The Link Between Osteoarthritis and Cardiovascular Disease
For years, researchers have been studying the potential link between OA and cardiovascular disease. Both conditions are common in older adults and share some of the same risk factors, including obesity, high blood pressure, and high cholesterol.
Some studies have also suggested that inflammation, which is common in people with OA, may contribute to the development of cardiovascular disease.
The study in Taiwan found that people with OA had a 23% higher risk of dying from cardiovascular disease than people without OA. The risk was highest for people with knee OA, with a 42% increased risk of cardiovascular death.

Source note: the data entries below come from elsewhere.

-- ===== src/Lib.antt =====
-- A verification of the Go code of hackfs-mdc (backend, frontend/go-api.go): nodes that store content
-- for other nodes over libp2p, with Textile behind them and an HTTP proxy before them.
--
-- A requester sends an upload, a download or a JSON request to a server as a signed message. The
-- server's handler reads the stream, checks the message, processes the request with Textile and
-- sends a signed response. The requester's handler checks the response, finds the request that
-- waits for it and puts the response on a channel, where the HTTP route that sent the request waits.
--
-- The parts, their code and their files:
--   Go, Base        what Go itself has: panics, effects, results, strings and integers
--   Services        the libraries and the world outside, as one record of parameters
--   Messages        backend/pkg/libp2pnode/pb/p2p.proto; Messages.Envelope is what signing, checking
--                   and sending need of a message
--   Common          backend/pkg/common: Errorf, GetTraceStr, GetMillisecond
--   Node            backend/pkg/libp2pnode/node.go: authenticateMessage, verifyData, signProtoMessage,
--                   NewMessageData, sendProtoMessage
--   Textile         backend/pkg/textilehelper/textilehelper.go: buckets, records and queries;
--                   Textile.Promises says what the code relies on
--   Textile.Setup   Setup, SetupTesting and what they call, with hubhelper.go; Textile.Hub is what
--                   they are given
--   Schema          backend/pkg/models/content.go
--   Process         programs that may end early: FatalOnError and LoadConfig of backend/pkg/common
--   Preview         backend/pkg/libp2pnode/preview.go, backend/pkg/tools/imagepreview and videopreview
--   Content         the storing of an upload and the look-up of a record, in backend/pkg/libp2pnode
--                   (processUploadRequest, processJsonRequestUpload,
--                   GetContentDataRecordWithDownloadData)
--   Serve           the handlers of requests, which upload.go, download.go and jsonapi.go each write
--                   out, as one function of what differs
--   Upload, Download, Json
--                   the server's side of backend/pkg/libp2pnode/upload.go, download.go, jsonapi.go
--   Client          the requester's side of the same three files: UploadTo, onUploadResponse and
--                   the like, with the map of requests and the channel
--   Host            NewNode of backend/pkg/libp2pnode/node.go with the stream handlers that the
--                   protocols set: a node that is given one stream after another
--   HttpProxy       backend/pkg/httpproxy/httpproxy.go: the router, its routes and their wait
--   Programs        backend/cmd/server and backend/cmd/proxyclient: flags, main, the client mode
--   Frontend        frontend/go-api.go
--   Examples        a small concrete world, and the theorems at concrete inputs
--
-- State is passed explicitly: a function of the code is a computation over the world of `Services`,
-- which may panic, and a requester's protocol object is an `Exchange`. A function of the model has
-- the name of the Go function, in lower case with underscores. A long function of the code is several
-- here, each the rest of the one before it. Integers of 64 and 32 bits are not bounded: the code
-- only compares, divides and copies them, and adds a minute to the time. No function needs fuel: the loops are over lists.
--
-- A handler of a response and a route run at the same time as others. The order of their steps is
-- made explicit: `Client.Race` takes the responses that arrive before and after a request is put
-- into the map, and a route is a function up to its wait and one of what its channel then holds.
--
-- Not modelled: logging, and what is not Go: the frontend's pages, the contracts, the enclave.
-- Memory that two goroutines share without a lock is not modelled, but for the error of
-- GetGifFromBytes, of which the world says who writes it last.
--
-- What is not in the repository is a parameter: Services, and Textile.Hub, Programs.Network and
-- Frontend.Ipfs for the programs. What a theorem assumes of it is a record of its own:
-- Textile.Promises.Promises of Textile, Node.Signing.HostKeys of the host's keys, Node.Working.Working
-- of the key and the ULIDs, Content.Clock.Clock of the clock. Examples has values of all of them.
pub mod Base
pub mod Go
pub mod Messages
pub mod Common
pub mod Services
pub mod Process
pub mod Schema
pub mod Node
pub mod Textile
pub mod Preview
pub mod Serve
pub mod Content
pub mod Upload
pub mod Download
pub mod Json
pub mod Examples
pub mod Client
pub mod Host
pub mod HttpProxy
pub mod Programs
pub mod Frontend
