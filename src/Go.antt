-- ===== src/Go.antt =====
-- Go code with effects: a computation over the world outside, which may panic.
pub mod Laws
pub mod Yielding
use hackfs_mdc.Base.{String, Option, none, some}

-- `panicked` is a run-time panic, such as the read of a field through a nil pointer.
pub data Outcome {ℓ} (A : Type ℓ) : Type ℓ where
  returned : A → Outcome A
  panicked : Outcome A

abbrev pub Go {ℓ} : Type ℓ → Type ℓ → Type ℓ
Go W A = W → Outcome A × W

-- A value, or the error that comes in its place.
pub data Result {ℓ κ} (E : Type ℓ) (A : Type κ) : Type (ℓ ⊔ κ) where
  ok : A → Result E A
  err : E → Result E A

module _ {ℓ} {W A : Type ℓ} where
  abbrev pub pure : A → Go W A
  pure a w = (returned a, w)

  abbrev pub panic : Go W A
  panic w = (panicked, w)

  -- An external call that does not panic.
  abbrev pub call : (W → A × W) → Go W A
  call f w = let (a, w') = f w in (returned a, w')

  -- `*p`, or a field read through `p`
  abbrev pub deref : Option A → Go W A
  deref none = panic
  deref (some a) = pure a

abbrev pub effect {ℓ} : {W : Type ℓ} → (W → W) → W → Outcome (Unit {0}) × W
effect f w = (returned tt, f w)

module _ {ℓ κ ι} {W : Type ℓ} {A : Type κ} {B : Type ι} where
  abbrev pub continue : Outcome A → (A → W → Outcome B × W) → W → Outcome B × W
  continue (returned a) f w = f a w
  continue panicked f w = (panicked, w)

  infixl 5 ◌>>=◌
  abbrev pub ◌>>=◌ : (W → Outcome A × W) → (A → W → Outcome B × W) → W → Outcome B × W
  ◌>>=◌ m f w = let (o, w') = m w in continue o f w'

module _ {ℓ κ} {W : Type ℓ} {B : Type κ} where
  infixl 5 ◌>>◌
  abbrev pub ◌>>◌ : (W → Outcome (Unit {0}) × W) → (W → Outcome B × W) → W → Outcome B × W
  m >> k = m >>= λ _. k
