-- ===== src/Common.antt =====
-- backend/pkg/common: errors with the place that made them, and the clock in milliseconds.
use hackfs_mdc.Base.{ℕ, String, ◌<>◌, Option, none, some, decimal}
use hackfs_mdc.Base.Int.{ℤ, quot_ℕ}

-- What `runtime.Caller` finds: a function and a line.
pub record Caller : Type 0 where
  pub name : String
  pub line : ℕ

unfoldable pub get_trace_str : Option Caller → String
unfolding decimal
get_trace_str none = ""
get_trace_str (some c) = c.name <> ":" <> decimal c.line

-- An error of a library, with its text; or one of `Errorf`, which may wrap another.
pub data Error : Type 0 where
  foreign : String → Error
  plain : String → String → Error
  wrapped : String → String → Error → Error

-- `err.Error()`
unfoldable pub error_text : Error → String
error_text (Error.foreign t) = t
error_text (Error.plain msg trace) = msg <> "\n" <> trace
error_text (Error.wrapped msg trace e) = msg <> ":\n" <> trace <> "\nerr: " <> error_text e

-- `msg` is the format after its arguments are filled in, `caller` the place of the call.
unfoldable pub errorf : Option Caller → Option Error → String → Error
unfolding get_trace_str
errorf caller (some e) msg = Error.wrapped msg (get_trace_str caller) e
errorf caller none msg = Error.plain msg (get_trace_str caller)

-- A function of a package below backend/pkg, as the runtime names it.
abbrev pub in_pkg : String → ℕ → Option Caller
in_pkg name line =
    some (record { name = "github.com/Guer-co/hackfs-mdc/backend/pkg/" <> name; line = line })

-- From the nanoseconds of a time.
unfoldable pub get_millisecond : ℤ → ℤ
get_millisecond t = quot_ℕ t 1000000
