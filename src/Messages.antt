-- ===== src/Messages.antt =====
-- backend/pkg/libp2pnode/pb/p2p.proto: the messages that the nodes exchange, and
-- backend/pkg/models/jsonapi/query.go. A field that holds a pointer is an `Option`: protobuf leaves
-- it nil when the sender did. A nil slice of bytes is the empty list.
pub mod Envelope
use hackfs_mdc.Base.{ℕ, String, Bool, Option, List}
use hackfs_mdc.Base.Int.{ℤ}

abbrev pub Bytes : Type 0
Bytes = List ℕ

pub record MessageData : Type 0 where
  pub client_version : String
  pub timestamp : ℤ
  pub id : String
  pub gossip : Bool
  pub node_id : String
  pub node_pub_key : Bytes
  pub sign : Bytes

pub record ResponseData : Type 0 where
  pub code : ℤ
  pub err : String

pub record UploadData : Type 0 where
  pub owner_id : String
  pub file_name : String
  pub file_type : String
  pub file_size : ℤ
  pub description : String
  pub file_bytes : Bytes
  pub generate_preview : Bool
  pub preview_bytes : Bytes

pub record ContentData : Type 0 where
  pub id : String
  pub owner_id : String
  pub file_name : String
  pub file_type : String
  pub file_size : ℤ
  pub description : String
  pub thread_key : String
  pub bucket_key : String
  pub encrypted_url : String
  pub preview_url : String
  pub received_at : ℤ
  pub updated_at : ℤ

pub record ContentDeliveryData : Type 0 where
  pub id : String
  pub requester_id : String
  pub file_bytes : Bytes
  pub received_at : ℤ
  pub updated_at : ℤ

pub record DownloadData : Type 0 where
  pub requester_id : String
  pub bucket_key : String
  pub preview_url : String
  pub created_at : ℤ

pub record JsonData : Type 0 where
  pub id : String
  pub requester_id : String
  pub type : String
  pub json_input : String
  pub json_output : String
  pub received_at : ℤ
  pub updated_at : ℤ

pub record UploadRequest : Type 0 where
  pub message_data : Option MessageData
  pub upload_data : Option UploadData

pub record UploadResponse : Type 0 where
  pub message_data : Option MessageData
  pub response_data : Option ResponseData
  pub content_data : Option ContentData

pub record DownloadRequest : Type 0 where
  pub message_data : Option MessageData
  pub download_data : Option DownloadData

pub record DownloadResponse : Type 0 where
  pub message_data : Option MessageData
  pub response_data : Option ResponseData
  pub content_data : Option ContentData
  pub content_delivery_data : Option ContentDeliveryData

pub record JsonRequest : Type 0 where
  pub message_data : Option MessageData
  pub json_data : Option JsonData

pub record JsonResponse : Type 0 where
  pub message_data : Option MessageData
  pub response_data : Option ResponseData
  pub json_data : Option JsonData

-- `proto.Message`, for the messages that are signed and sent.
pub data Message : Type 0 where
  upload_request : UploadRequest → Message
  upload_response : UploadResponse → Message
  download_request : DownloadRequest → Message
  download_response : DownloadResponse → Message
  json_request : JsonRequest → Message
  json_response : JsonResponse → Message

-- `&pb.ContentData{}`
abbrev pub zero_content_data : ContentData
zero_content_data = record {
  id = "";
  owner_id = "";
  file_name = "";
  file_type = "";
  file_size = ℤ.pos 0;
  description = "";
  thread_key = "";
  bucket_key = "";
  encrypted_url = "";
  preview_url = "";
  received_at = ℤ.pos 0;
  updated_at = ℤ.pos 0;
}

-- `&pb.ContentDeliveryData{}`
abbrev pub zero_content_delivery_data : ContentDeliveryData
zero_content_delivery_data = record {
  id = "";
  requester_id = "";
  file_bytes = List.[];
  received_at = ℤ.pos 0;
  updated_at = ℤ.pos 0;
}

-- `&pb.JsonData{}`
abbrev pub zero_json_data : JsonData
zero_json_data = record {
  id = "";
  requester_id = "";
  type = "";
  json_input = "";
  json_output = "";
  received_at = ℤ.pos 0;
  updated_at = ℤ.pos 0;
}

-- jsonapi.Query
pub record JsonQuery : Type 0 where
  pub collection : String
  pub field_path : String
  pub operation : String
  pub value : String
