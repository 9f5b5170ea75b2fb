-- ===== src/Messages/Envelope.antt =====
-- What the six messages share: the message data that every one of them points to, and the dynamic
-- type under which they go to protobuf.
use hackfs_mdc.Base.{◌≡◌, refl, sym, Option, some}
use hackfs_mdc.Messages.{MessageData, Message, UploadRequest, UploadResponse}
use hackfs_mdc.Messages.{DownloadRequest, DownloadResponse, JsonRequest, JsonResponse}

-- `put m d` is `m` after a write through its pointer to the message data.
pub record Envelope (M : Type 0) : Type 0 where
  pub get : M → Option MessageData
  pub put : M → MessageData → M
  pub message : M → Message
  pub get-put : (m : M) (d : MessageData) → get (put m d) ≡ some d
  pub put-get : (m : M) (d : MessageData) → get m ≡ some d → put m d ≡ m
  pub put-put : (m : M) (d e : MessageData) → put (put m d) e ≡ put m e

instance abbrev pub upload_request_envelope : Envelope UploadRequest
upload_request_envelope = record {
  get = λ m. m.message_data;
  put = λ m d. record m { message_data = some d };
  message = Message.upload_request;
  get-put = λ m d. refl;
  put-get = λ m d e i. record m { message_data = sym e i };
  put-put = λ m d e. refl;
}

instance abbrev pub upload_response_envelope : Envelope UploadResponse
upload_response_envelope = record {
  get = λ m. m.message_data;
  put = λ m d. record m { message_data = some d };
  message = Message.upload_response;
  get-put = λ m d. refl;
  put-get = λ m d e i. record m { message_data = sym e i };
  put-put = λ m d e. refl;
}

instance abbrev pub download_request_envelope : Envelope DownloadRequest
download_request_envelope = record {
  get = λ m. m.message_data;
  put = λ m d. record m { message_data = some d };
  message = Message.download_request;
  get-put = λ m d. refl;
  put-get = λ m d e i. record m { message_data = sym e i };
  put-put = λ m d e. refl;
}

instance abbrev pub download_response_envelope : Envelope DownloadResponse
download_response_envelope = record {
  get = λ m. m.message_data;
  put = λ m d. record m { message_data = some d };
  message = Message.download_response;
  get-put = λ m d. refl;
  put-get = λ m d e i. record m { message_data = sym e i };
  put-put = λ m d e. refl;
}

instance abbrev pub json_request_envelope : Envelope JsonRequest
json_request_envelope = record {
  get = λ m. m.message_data;
  put = λ m d. record m { message_data = some d };
  message = Message.json_request;
  get-put = λ m d. refl;
  put-get = λ m d e i. record m { message_data = sym e i };
  put-put = λ m d e. refl;
}

instance abbrev pub json_response_envelope : Envelope JsonResponse
json_response_envelope = record {
  get = λ m. m.message_data;
  put = λ m d. record m { message_data = some d };
  message = Message.json_response;
  get-put = λ m d. refl;
  put-get = λ m d e i. record m { message_data = sym e i };
  put-put = λ m d e. refl;
}
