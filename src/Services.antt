-- ===== src/Services.antt =====
-- What the services call and this repository does not hold: the clock, ULIDs, libp2p, protobuf,
-- JSON, Textile, the image and the video libraries. `World` is the state of all of them.
use hackfs_mdc.Base.{ℕ, String, Bool, Option, List}
use hackfs_mdc.Base.Int.{ℤ}
use hackfs_mdc.Go.{Go, Result}
use hackfs_mdc.Common.{Error}
use hackfs_mdc.Messages.{
  Bytes, Message, UploadRequest, UploadResponse, DownloadRequest, DownloadResponse, JsonRequest,
  JsonResponse, ContentData, DownloadData, UploadData, JsonQuery,
}

-- An `interface{}` that `Find` returns: nil, a `[]*pb.ContentData`, or a value of another type.
pub data Found : Type 0 where
  nil : Found
  content_datas : List ContentData → Found
  other : Found

-- What `mimemagic.Match` finds.
pub record Mime : Type 0 where
  pub media : String
  pub media_type : String

pub record Services : Type 1 where
  pub World : Type 0
  -- time.Now().UnixNano(), and ulid.MustNew(ulid.Timestamp(t), entropy).String() for such a `t`
  pub unix_nano : World → ℤ × World
  pub ulid_must_new : ℤ → Go World String
  -- crypto and peers; the `host_` fields belong to the node's own host
  pub PubKey : Type 0
  pub unmarshal_public_key : Bytes → Result Error PubKey
  pub id_from_public_key : PubKey → Result Error String
  pub key_verify : PubKey → Bytes → Bytes → Result Error Bool
  pub peer_decode : String → Result Error String
  pub peer_encode : String → String
  pub host_id : String
  pub host_pub_key_bytes : Result Error Bytes
  pub host_key_sign : Bytes → World → Result Error Bytes × World
  -- protobuf; an unmarshal fills what it can, also when it fails
  pub proto_marshal : Message → Result Error Bytes
  pub unmarshal_upload_request : Bytes → UploadRequest × Option Error
  pub unmarshal_upload_response : Bytes → UploadResponse × Option Error
  pub unmarshal_download_request : Bytes → DownloadRequest × Option Error
  pub unmarshal_download_response : Bytes → DownloadResponse × Option Error
  pub unmarshal_json_request : Bytes → JsonRequest × Option Error
  pub unmarshal_json_response : Bytes → JsonResponse × Option Error
  -- libp2p streams, to a peer under a protocol's name
  pub Stream : Type 0
  pub new_stream : String → String → World → Result Error Stream × World
  pub write_msg : Stream → Message → World → Option Error × World
  pub full_close : Stream → World → Option Error × World
  pub read_all : Stream → World → Result Error Bytes × World
  pub reset : Stream → World → World
  pub close : Stream → World → World
  pub remote_peer : Stream → String
  -- Textile threads and buckets
  pub ThreadId : Type 0
  pub Context : Type 0
  pub Query : Type 0
  pub thread_id_string : ThreadId → String
  pub new_thread_id_context : Context → ThreadId → Context
  pub where_eq : String → String → Query
  pub where_ge : String → String → Query
  pub where_le : String → String → Query
  pub where_ne : String → String → Query
  pub threads_create :
      Context → ThreadId → String → ContentData → World → (List String × Option Error) × World
  pub threads_find : Context → ThreadId → String → Query → World → (Found × Option Error) × World
  pub buckets_init : Context → String → Bool → World → Result Error String × World
  pub buckets_push_path : Context → String → String → Bytes → World → Option Error × World
  pub buckets_links_ipns : Context → String → World → Result Error String × World
  pub buckets_pull_path : Context → String → String → World → (Bytes × Option Error) × World
  -- encoding/json; an unmarshal fills what it can, also when it fails
  pub string_of_bytes : Bytes → String
  pub json_unmarshal_query : String → JsonQuery × Option Error
  pub json_unmarshal_download : String → DownloadData × Option Error
  pub json_unmarshal_upload : String → UploadData × Option Error
  pub json_marshal_content_datas : List ContentData → Result Error Bytes
  pub json_marshal_content_data : ContentData → Result Error Bytes
  pub json_marshal_bytes : Bytes → Result Error Bytes
  -- previews
  pub mimemagic_match : Bytes → String → Mime
  pub Image : Type 0
  pub image_decode : Bytes → Result Error Image
  pub image_resize : Image → ℕ → ℕ → Image
  pub jpeg_encode : Image → Result Error Bytes
  -- the file system, and the transcoder that runs ffmpeg
  pub Pipe : Type 0
  pub join_path : String → String → String
  pub temp_dir : String → World → Result Error String × World
  pub remove_all : String → World → World
  pub write_file : String → Bytes → World → Option Error × World
  pub transcoder_init : World → Option Error × World
  pub set_input_path : String → World → Option Error × World
  pub create_output_pipe : String → World → Result Error Pipe × World
  pub run_transcoder : World → Option Error × World
  pub read_pipe : Pipe → World → (Bytes × Option Error) × World
  -- whether the goroutine that reads the pipe is the last to assign the shared `err`
  pub reader_assigns_last : World → Bool × World
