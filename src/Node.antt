-- ===== src/Node.antt =====
-- backend/pkg/libp2pnode/node.go, and the clock and ULIDs of backend/pkg/common: the signing, the
-- authentication and the sending of messages by a node.
pub mod Authenticity
pub mod Signing
pub mod Working
use hackfs_mdc.Base.{
  ℕ, String, Bool, true, false, not, Option, none, some, List, [], ◌==◌, if◌then◌else◌,
}
use hackfs_mdc.Base.Int.{ℤ, floor_ℕ}
use hackfs_mdc.Go.{Go, Result, ok, err, returned, panicked, pure, panic, call, effect, ◌>>=◌, ◌>>◌}
use hackfs_mdc.Common.{Error, get_millisecond}
use hackfs_mdc.Messages.{Bytes, MessageData}
use hackfs_mdc.Messages.Envelope.{Envelope}
use hackfs_mdc.Services.{Services}

abbrev pub client_version : String
client_version = "pay3-server-node/0.0.1"

module _ (env : Services) where
  open env use {
    World, unix_nano, ulid_must_new, unmarshal_public_key, id_from_public_key, key_verify,
    peer_decode, peer_encode, host_id, host_pub_key_bytes, host_key_sign, proto_marshal, Stream,
    new_stream, write_msg, full_close, reset,
  }

  -- common.GetTimeStampMillisecond
  unfoldable pub get_time_stamp_millisecond : Go World ℤ
  get_time_stamp_millisecond = do t ← call unix_nano; pure (get_millisecond t)

  -- common.GetUlid, as a text
  unfoldable pub get_ulid : Go World String
  get_ulid = do t ← call unix_nano; ulid_must_new t

  unfoldable pub check_key : Bytes → Bytes → String → env.PubKey → Bool
  check_key bin signature peer_id key = elim (id_from_public_key key) [
    | err e ↦ false
    | ok id_from_key ↦
        if not (id_from_key == peer_id)
        then false
        else elim (key_verify key bin signature) [ err e ↦ false | ok res ↦ res ]
  ]

  unfoldable pub verify_data : Bytes → Bytes → String → Bytes → Bool
  verify_data bin signature peer_id pub_key_data = elim (unmarshal_public_key pub_key_data) [
    | err e ↦ false
    | ok key ↦ check_key bin signature peer_id key
  ]

  unfoldable pub sign_data : Bytes → Go World (Result Error Bytes)
  sign_data bin = call (host_key_sign bin)

  module _ {M : Type 0} ⦃e : Envelope M⦄ where
    -- `d` is the message's own message data, as in every call: a write to it is seen in the
    -- message. Also gives the message as it is left.
    unfoldable pub authenticate_data : M → MessageData → Bool × M
    authenticate_data m d =
        let sign = d.sign in
        let unsigned = record d { sign = [] } in
        elim (proto_marshal (e.message (e.put m unsigned))) [
          | err _ ↦ (false, e.put m unsigned)
          | ok bin ↦
              let restored = e.put m (record unsigned { sign = sign }) in
              elim (peer_decode d.node_id) [
                | err _ ↦ (false, restored)
                | ok peer_id ↦ (verify_data bin sign peer_id d.node_pub_key, restored)
              ]
        ]

    -- A nil pointer to the message data panics at the read of the signature.
    unfoldable pub authenticate_message : M → Go World (Bool × M)
    authenticate_message m = elim (e.get m) [ none ↦ panic | some d ↦ pure (authenticate_data m d) ]

    unfoldable pub sign_proto_message : M → Go World (Result Error Bytes)
    sign_proto_message m = elim (proto_marshal (e.message m)) [
      | err x ↦ pure (err x)
      | ok bin ↦ sign_data bin
    ]

    -- `m.MessageData.Sign = signature`
    unfoldable pub set_sign : Bytes → M → Go World M
    set_sign signature m = elim (e.get m) [
      | none ↦ panic
      | some d ↦ pure (e.put m (record d { sign = signature }))
    ]

    unfoldable pub send_over : M → Stream → Go World Bool
    send_over m s = do
      written ← call (write_msg s (e.message m))
      elim written [
        | some x ↦ do effect (reset s); pure false
        | none ↦ do
          closed ← call (full_close s)
          elim closed [ some x ↦ do effect (reset s); pure false | none ↦ pure true ]
      ]

    unfoldable pub send_proto_message : String → String → M → Go World Bool
    send_proto_message peer_id protocol m = do
      opened ← call (new_stream peer_id protocol)
      elim opened [ err x ↦ pure false | ok s ↦ send_over m s ]

  -- The key of the node's own host, which `Bytes` turns into bytes, or a panic.
  unfoldable pub new_message_data : String → Bool → Go World MessageData
  new_message_data message_id gossip = elim host_pub_key_bytes [
    | err x ↦ panic
    | ok node_pub_key ↦ do
      t ← call unix_nano
      pure (record {
        client_version = client_version;
        timestamp = floor_ℕ t 1000000000;
        id = message_id;
        gossip = gossip;
        node_id = peer_encode host_id;
        node_pub_key = node_pub_key;
        sign = [];
      })
  ]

The risk was also higher for people with hip OA, with a 23% increased risk of cardiovascular death.
What Does This Mean for People with OA?
The study’s findings suggest that people with OA should be monitored for cardiovascular risk factors, such as high blood pressure and high cholesterol.
People with OA should also be encouraged to lead a healthy lifestyle, including exercising regularly and eating a healthy diet.
Additionally, the study reinforces the importance of early diagnosis and treatment of OA. Early diagnosis and treatment can help prevent further joint damage and may also help reduce the risk of cardiovascular disease.
The Importance of Managing Cardiovascular Risk Factors in People with OA
The study’s findings underscore the importance of managing cardiovascular risk factors in people with OA. People with OA should work with their healthcare provider to monitor and manage their blood pressure and cholesterol levels.
They may also benefit from lifestyle changes, such as exercising regularly and eating a healthy diet.
Some people with OA may also benefit from medications to help reduce their cardiovascular risk. For example, people with high cholesterol may benefit from statins, which are medications that help lower cholesterol levels.
People with high blood pressure may benefit from medications to help lower their blood pressure.
Conclusion
The study in Taiwan adds to the growing body of evidence suggesting a link between OA and cardiovascular disease.
People with OA should be aware of their increased risk of cardiovascular disease and should work with their healthcare provider to manage their cardiovascular risk factors. Early diagnosis and treatment of OA may also help reduce the risk of cardiovascular disease.